[What you should do] Every line containing the string "tried" is to be copied from the records.

━━━━━ Data ━━━━━

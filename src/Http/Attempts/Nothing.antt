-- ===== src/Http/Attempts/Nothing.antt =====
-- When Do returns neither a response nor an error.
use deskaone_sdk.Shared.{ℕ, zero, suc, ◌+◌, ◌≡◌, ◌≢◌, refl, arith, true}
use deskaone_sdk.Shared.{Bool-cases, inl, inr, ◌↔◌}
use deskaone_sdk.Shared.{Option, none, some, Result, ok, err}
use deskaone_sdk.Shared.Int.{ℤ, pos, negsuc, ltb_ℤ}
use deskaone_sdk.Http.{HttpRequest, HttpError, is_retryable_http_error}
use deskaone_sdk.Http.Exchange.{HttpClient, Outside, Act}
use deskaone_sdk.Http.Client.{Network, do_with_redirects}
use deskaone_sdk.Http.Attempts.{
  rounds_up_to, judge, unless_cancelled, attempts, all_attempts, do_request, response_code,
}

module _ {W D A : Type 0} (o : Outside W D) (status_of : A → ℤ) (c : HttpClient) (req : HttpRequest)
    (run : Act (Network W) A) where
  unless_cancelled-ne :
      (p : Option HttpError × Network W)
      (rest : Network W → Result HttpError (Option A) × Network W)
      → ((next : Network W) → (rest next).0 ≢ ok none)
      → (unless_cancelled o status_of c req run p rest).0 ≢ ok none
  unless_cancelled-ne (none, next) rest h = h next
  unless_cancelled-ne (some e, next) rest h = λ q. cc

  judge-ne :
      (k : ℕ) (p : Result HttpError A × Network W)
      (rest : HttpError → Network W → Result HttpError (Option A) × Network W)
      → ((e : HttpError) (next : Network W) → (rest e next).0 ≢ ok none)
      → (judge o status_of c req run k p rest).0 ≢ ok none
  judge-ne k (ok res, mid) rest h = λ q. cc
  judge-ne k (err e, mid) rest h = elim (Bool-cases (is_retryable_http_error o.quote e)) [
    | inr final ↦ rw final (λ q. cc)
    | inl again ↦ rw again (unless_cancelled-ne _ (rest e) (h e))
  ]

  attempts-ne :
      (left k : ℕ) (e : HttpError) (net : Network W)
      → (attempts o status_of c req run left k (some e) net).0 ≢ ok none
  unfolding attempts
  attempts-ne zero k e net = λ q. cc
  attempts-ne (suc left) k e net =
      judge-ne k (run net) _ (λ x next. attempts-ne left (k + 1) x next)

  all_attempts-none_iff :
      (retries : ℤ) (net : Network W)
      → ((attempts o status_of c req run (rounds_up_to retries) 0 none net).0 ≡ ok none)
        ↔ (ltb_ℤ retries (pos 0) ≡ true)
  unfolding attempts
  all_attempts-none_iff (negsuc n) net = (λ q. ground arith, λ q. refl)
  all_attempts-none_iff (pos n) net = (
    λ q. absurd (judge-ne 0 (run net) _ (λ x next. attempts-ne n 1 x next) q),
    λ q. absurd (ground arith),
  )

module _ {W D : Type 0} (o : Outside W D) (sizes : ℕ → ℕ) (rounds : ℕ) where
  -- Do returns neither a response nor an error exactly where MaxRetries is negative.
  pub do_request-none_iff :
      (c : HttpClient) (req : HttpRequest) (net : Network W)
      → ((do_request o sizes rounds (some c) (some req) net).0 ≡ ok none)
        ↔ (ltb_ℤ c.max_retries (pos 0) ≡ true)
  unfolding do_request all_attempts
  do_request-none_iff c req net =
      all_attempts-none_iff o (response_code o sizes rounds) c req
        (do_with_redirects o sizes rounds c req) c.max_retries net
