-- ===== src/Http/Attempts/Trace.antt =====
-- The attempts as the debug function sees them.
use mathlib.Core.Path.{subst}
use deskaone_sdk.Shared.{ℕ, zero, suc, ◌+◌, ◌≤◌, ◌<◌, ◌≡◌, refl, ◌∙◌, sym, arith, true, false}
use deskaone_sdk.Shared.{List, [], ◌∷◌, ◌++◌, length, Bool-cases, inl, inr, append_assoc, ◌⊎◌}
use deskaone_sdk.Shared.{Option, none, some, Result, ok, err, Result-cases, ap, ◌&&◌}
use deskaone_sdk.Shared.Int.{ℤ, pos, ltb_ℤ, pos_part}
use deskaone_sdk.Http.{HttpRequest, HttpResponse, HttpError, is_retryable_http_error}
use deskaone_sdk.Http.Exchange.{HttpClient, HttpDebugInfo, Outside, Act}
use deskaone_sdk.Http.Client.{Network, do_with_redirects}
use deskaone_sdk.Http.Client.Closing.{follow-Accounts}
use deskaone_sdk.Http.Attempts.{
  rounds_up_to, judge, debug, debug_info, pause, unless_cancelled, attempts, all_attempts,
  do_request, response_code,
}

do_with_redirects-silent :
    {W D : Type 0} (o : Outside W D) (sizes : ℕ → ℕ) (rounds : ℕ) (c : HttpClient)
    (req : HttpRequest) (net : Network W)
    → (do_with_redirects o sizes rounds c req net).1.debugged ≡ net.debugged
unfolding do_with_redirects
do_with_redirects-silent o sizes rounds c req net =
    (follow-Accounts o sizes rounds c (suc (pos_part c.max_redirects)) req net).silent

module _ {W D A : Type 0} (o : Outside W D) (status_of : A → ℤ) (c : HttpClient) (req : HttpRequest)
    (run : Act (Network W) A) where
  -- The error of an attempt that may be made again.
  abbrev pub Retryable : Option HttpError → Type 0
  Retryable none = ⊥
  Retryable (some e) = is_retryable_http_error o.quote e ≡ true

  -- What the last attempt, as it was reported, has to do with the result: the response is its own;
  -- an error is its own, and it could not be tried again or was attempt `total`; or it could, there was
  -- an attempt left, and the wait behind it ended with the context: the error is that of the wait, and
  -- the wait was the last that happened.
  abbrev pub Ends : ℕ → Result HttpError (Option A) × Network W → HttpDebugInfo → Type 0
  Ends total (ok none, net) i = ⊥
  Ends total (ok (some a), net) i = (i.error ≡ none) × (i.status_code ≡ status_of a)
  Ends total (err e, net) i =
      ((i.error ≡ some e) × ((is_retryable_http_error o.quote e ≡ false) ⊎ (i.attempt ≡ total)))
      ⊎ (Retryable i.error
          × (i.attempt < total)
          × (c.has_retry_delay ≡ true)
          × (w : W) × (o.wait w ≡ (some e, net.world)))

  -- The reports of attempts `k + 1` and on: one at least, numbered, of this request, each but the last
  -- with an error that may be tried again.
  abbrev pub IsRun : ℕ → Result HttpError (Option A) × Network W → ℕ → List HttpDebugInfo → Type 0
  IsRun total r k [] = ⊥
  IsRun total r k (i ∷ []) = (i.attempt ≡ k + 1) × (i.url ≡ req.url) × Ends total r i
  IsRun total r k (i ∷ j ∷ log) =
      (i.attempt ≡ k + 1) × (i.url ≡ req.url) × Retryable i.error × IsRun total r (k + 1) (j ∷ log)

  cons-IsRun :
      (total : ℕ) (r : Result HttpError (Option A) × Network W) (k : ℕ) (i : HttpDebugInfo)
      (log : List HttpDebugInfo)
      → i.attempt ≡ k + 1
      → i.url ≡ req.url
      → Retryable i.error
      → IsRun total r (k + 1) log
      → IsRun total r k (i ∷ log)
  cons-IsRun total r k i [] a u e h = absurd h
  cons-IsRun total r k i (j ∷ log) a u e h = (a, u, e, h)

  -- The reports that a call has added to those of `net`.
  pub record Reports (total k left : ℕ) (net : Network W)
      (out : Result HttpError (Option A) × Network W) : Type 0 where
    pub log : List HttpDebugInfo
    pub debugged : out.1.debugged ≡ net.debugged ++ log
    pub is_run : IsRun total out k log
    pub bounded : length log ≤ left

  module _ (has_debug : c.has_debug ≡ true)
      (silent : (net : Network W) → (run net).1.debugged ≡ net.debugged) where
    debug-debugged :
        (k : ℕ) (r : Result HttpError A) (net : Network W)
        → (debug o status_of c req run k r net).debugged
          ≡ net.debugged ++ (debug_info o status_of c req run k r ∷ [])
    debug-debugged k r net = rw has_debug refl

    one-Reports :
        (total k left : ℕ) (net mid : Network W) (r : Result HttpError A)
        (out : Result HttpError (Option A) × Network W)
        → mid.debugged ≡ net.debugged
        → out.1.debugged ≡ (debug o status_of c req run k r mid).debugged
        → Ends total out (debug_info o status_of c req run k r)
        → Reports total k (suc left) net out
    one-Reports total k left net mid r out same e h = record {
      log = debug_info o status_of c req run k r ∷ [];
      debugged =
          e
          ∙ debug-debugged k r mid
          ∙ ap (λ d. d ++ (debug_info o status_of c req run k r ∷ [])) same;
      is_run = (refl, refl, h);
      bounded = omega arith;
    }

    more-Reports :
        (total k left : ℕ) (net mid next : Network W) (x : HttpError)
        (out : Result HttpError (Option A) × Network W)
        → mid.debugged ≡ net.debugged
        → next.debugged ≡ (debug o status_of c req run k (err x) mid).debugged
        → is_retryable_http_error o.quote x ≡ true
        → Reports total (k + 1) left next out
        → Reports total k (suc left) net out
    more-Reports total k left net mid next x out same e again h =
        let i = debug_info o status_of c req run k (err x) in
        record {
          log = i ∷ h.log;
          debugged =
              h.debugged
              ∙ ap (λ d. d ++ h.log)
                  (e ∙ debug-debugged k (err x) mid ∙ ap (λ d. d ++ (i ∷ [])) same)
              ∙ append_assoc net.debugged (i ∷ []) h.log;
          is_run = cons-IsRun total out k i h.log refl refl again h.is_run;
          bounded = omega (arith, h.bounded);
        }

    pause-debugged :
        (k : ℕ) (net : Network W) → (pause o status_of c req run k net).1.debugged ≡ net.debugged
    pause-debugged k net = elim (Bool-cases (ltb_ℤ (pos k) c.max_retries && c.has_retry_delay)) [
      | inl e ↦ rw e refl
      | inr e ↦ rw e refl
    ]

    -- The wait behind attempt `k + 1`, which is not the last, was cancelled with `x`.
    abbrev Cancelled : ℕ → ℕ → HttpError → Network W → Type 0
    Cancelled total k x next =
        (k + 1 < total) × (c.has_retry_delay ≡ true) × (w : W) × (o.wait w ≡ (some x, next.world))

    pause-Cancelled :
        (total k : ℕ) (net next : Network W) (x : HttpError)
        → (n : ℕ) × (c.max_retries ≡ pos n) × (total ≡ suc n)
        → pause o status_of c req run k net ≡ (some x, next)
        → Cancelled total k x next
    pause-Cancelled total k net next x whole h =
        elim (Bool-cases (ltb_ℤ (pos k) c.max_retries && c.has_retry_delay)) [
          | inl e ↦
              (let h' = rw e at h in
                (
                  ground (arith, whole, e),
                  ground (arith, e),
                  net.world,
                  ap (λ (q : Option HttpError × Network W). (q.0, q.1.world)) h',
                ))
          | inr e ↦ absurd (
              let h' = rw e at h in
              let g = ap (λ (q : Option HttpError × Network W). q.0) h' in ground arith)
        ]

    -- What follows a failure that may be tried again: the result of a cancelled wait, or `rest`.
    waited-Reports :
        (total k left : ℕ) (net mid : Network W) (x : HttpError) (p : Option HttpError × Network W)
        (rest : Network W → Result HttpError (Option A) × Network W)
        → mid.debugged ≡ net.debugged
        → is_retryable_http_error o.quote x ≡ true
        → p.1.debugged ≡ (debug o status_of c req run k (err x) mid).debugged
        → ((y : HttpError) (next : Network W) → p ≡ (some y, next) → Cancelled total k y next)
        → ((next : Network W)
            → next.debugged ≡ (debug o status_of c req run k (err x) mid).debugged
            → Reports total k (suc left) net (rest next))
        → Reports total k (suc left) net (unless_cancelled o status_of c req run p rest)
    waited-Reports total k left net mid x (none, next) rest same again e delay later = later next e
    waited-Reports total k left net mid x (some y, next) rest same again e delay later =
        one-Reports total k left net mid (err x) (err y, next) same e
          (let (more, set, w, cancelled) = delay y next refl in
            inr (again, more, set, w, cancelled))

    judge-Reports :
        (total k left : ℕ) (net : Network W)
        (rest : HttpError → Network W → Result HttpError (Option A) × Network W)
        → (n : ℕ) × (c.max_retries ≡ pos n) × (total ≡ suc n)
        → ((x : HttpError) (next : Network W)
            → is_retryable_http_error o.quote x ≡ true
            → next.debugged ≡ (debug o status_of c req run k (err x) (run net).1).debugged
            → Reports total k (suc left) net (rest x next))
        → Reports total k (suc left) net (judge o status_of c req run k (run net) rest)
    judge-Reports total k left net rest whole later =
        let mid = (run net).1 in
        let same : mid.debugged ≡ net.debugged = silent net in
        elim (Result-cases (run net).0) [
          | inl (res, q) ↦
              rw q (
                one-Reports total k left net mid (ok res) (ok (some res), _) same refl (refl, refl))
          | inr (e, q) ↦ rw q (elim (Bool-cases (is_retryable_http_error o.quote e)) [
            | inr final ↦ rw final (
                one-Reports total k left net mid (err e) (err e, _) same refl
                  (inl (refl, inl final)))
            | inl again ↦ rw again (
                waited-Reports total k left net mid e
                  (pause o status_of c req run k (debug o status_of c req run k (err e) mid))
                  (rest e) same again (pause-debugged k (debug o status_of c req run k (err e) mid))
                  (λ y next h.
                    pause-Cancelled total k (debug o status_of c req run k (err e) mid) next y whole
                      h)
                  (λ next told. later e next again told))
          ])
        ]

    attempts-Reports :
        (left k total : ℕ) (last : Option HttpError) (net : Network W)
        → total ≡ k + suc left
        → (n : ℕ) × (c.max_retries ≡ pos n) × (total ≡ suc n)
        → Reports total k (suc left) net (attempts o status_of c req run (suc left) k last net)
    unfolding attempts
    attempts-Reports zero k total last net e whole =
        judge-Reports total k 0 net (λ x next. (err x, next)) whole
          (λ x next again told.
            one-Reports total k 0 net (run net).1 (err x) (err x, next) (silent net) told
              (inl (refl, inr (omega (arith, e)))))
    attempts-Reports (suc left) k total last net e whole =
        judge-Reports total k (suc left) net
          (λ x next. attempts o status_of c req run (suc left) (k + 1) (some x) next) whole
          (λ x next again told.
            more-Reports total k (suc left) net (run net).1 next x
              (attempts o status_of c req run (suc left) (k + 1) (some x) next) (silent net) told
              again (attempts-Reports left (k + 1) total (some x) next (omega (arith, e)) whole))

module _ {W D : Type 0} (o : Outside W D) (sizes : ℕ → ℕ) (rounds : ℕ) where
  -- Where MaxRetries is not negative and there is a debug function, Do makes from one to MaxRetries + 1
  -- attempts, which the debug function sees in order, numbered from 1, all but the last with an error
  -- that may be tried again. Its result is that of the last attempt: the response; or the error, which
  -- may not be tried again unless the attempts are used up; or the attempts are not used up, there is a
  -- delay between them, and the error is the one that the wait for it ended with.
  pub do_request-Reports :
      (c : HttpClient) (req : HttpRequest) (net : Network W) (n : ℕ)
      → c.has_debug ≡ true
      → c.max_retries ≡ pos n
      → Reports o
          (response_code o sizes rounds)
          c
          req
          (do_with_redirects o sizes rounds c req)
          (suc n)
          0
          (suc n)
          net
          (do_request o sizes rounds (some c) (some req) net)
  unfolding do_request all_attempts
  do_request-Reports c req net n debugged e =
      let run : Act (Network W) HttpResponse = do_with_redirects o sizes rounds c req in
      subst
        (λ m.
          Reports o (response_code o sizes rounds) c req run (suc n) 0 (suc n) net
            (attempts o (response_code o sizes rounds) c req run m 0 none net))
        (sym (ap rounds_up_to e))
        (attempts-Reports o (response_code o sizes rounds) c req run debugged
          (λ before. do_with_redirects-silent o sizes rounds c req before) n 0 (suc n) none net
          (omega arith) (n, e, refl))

━━━━━

[Written response]
  -- an error is its own, and it could not be tried again or was attempt `total`; or it could, there was
  -- with an error that may be tried again.
    -- What follows a failure that may be tried again: the result of a cancelled wait, or `rest`.
  -- that may be tried again. Its result is that of the last attempt: the response; or the error, which
  -- may not be tried again unless the attempts are used up; or the attempts are not used up, there is a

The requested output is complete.